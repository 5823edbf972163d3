-- ===== src/Raft/Net/Joined.antt =====
-- A log into which a follower has merged the entries that a leader sent (`HandleAppendEntries` of
-- raft/replication.go).
use fraud_scoring_platform.Raft.Replication.Accept.{known-Continues, prev_entry}
use fraud_scoring_platform.Raft.Log.Lookup.{term_of}
use fraud_scoring_platform.Raft.Replication.Splice.{
  merged-IsSpliced, AreSame, merged-same, IsSpliced,
}
use fraud_scoring_platform.Raft.Replication.Accept.{IsRequest}
use fraud_scoring_platform.Raft.Log.Shape.{Follows, view_in, HasRoom, view}
use fraud_scoring_platform.Raft.Net.Origins.{Agree, IsWhole}
use fraud_scoring_platform.Raft.Replication.Merge.{merged_lem, merged, Continues, has_at, HasAt}
use fraud_scoring_platform.Raft.Types.{Entry, AppendEntriesArgs}
use fraud_scoring_platform.Raft.Log.{last_index, RaftLog}
use fraud_scoring_platform.Prelude.{
  [], ◌∷◌, List, ap, ◌⊎◌, sym, ◌∙◌, dec_lt, none, true, Option, ◌<◌, some, ◌≡◌, ◌≤◌, length, ◌+◌, ℕ,
  arith, refl,
}

-- The entries of the request stand in the log `g`, and so does the one before them.
pub record IsCopied (g : RaftLog) (args : AppendEntriesArgs) : Type 0 where
  pub inside : args.prev_log_index + length args.entries ≤ last_index g
  pub known : HasAt g args.prev_log_index args.prev_log_term
  pub same :
      (j : ℕ)
      → args.prev_log_index < j
      → j ≤ args.prev_log_index + length args.entries
      → view_in j args.entries ≡ view g j

-- Entries of one index and term in the two logs have the same before them.
abbrev pub IsMatch : RaftLog → RaftLog → Type 0
IsMatch l g =
    (d : ℕ) (x y : Entry) → view l d ≡ some x → view g d ≡ some y → x.term ≡ y.term → Agree l g d

pub HasAt-inv :
    (l : RaftLog) (d t : ℕ) → HasAt l d t → (x : Entry) × (view l d ≡ some x) × (x.term ≡ t)
HasAt-inv l d t h = go (view l d) refl h
  where
    go :
        (o : Option Entry)
        → view l d ≡ o
        → term_of o ≡ (t, true)
        → (x : Entry) × (view l d ≡ some x) × (x.term ≡ t)
    go none a b = ground (arith, b)
    go (some x) a b = (x, a, ap (λ p. p.0) b)

copied-AreSame :
    (l g : RaftLog)
    → IsMatch l g
    → (p : Entry) (es : List Entry) → Follows p es
    → ((j : ℕ) → p.index < j → j ≤ p.index + length es → view_in j es ≡ view g j)
    → AreSame l es
unfolding view_in
copied-AreSame l g match p [] h same = tt
copied-AreSame l g match p (e ∷ es) h same = (
  λ there.
      let (x, at, t) = HasAt-inv l e.index e.term there in
      let sent : view g e.index ≡ some e = ground (arith, same e.index, h.0) in
      match e.index x e at sent t e.index (omega arith) ∙ sent,
  copied-AreSame l g match e es h.2 (λ j lo hi. ground (arith, same j, h.0)),
)

module _ (l g : RaftLog) (args : AppendEntriesArgs) (w : IsWhole l) (v : IsWhole g)
    (room : HasRoom l) (req : IsRequest args)
    (known : has_at l args.prev_log_index args.prev_log_term ≡ true) (copied : IsCopied g args)
    (match : IsMatch l g) where
  abbrev joined : RaftLog
  joined = merged l args.entries

  abbrev end : ℕ
  end = args.prev_log_index + length args.entries

  continues : Continues l (prev_entry args) args.entries
  continues = known-Continues l w.good room args req known

  before-Agree : Agree l g args.prev_log_index
  before-Agree =
      let (x, at_x, t) = HasAt-inv l args.prev_log_index args.prev_log_term (ground arith) in
      let (y, at_y, u) = HasAt-inv g args.prev_log_index args.prev_log_term copied.known in
      match args.prev_log_index x y at_x at_y (t ∙ sym u)

  alike : AreSame l args.entries
  alike = copied-AreSame l g match (prev_entry args) args.entries req.follow copied.same

  spliced : IsSpliced l (prev_entry args) args.entries joined
  spliced = merged-IsSpliced args.entries l (prev_entry args) w.good room continues alike

  pub joined-Agree : Agree joined g end
  joined-Agree j le = elim (dec_lt args.prev_log_index j) [
    | yes lo ↦ spliced.stored j lo le ∙ copied.same j lo le
    | no hi ↦
        (merged_lem args.entries l (prev_entry args) w.good room continues).before j (omega arith)
        ∙ before-Agree j (omega arith)
  ]

  pub joined-beyond : (j : ℕ) → end < j → (view joined j ≡ none) ⊎ Agree joined l j
  joined-beyond = spliced.beyond

  pub joined-IsWhole : IsWhole joined
  joined-IsWhole = record {
    rooted = spliced.first ∙ w.rooted;
    good = (merged_lem args.entries l (prev_entry args) w.good room continues).good;
  }

  -- As far as the two logs are the same, nothing changes.
  pub joined-kept :
      (k : ℕ)
      → k ≤ last_index l
      → ((j : ℕ) → j ≤ k → j ≤ last_index g → view l j ≡ view g j)
      → Agree joined l k
  joined-kept k le same =
      merged-same l (prev_entry args) args.entries k w.good room continues alike le
        (λ j lo hi below. same j below (omega (arith, copied.inside)) ∙ sym (copied.same j lo hi))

TRY IT |
Answer with a single number: how many lines above hold the word "record"?

EXERCISE ANSWER |
2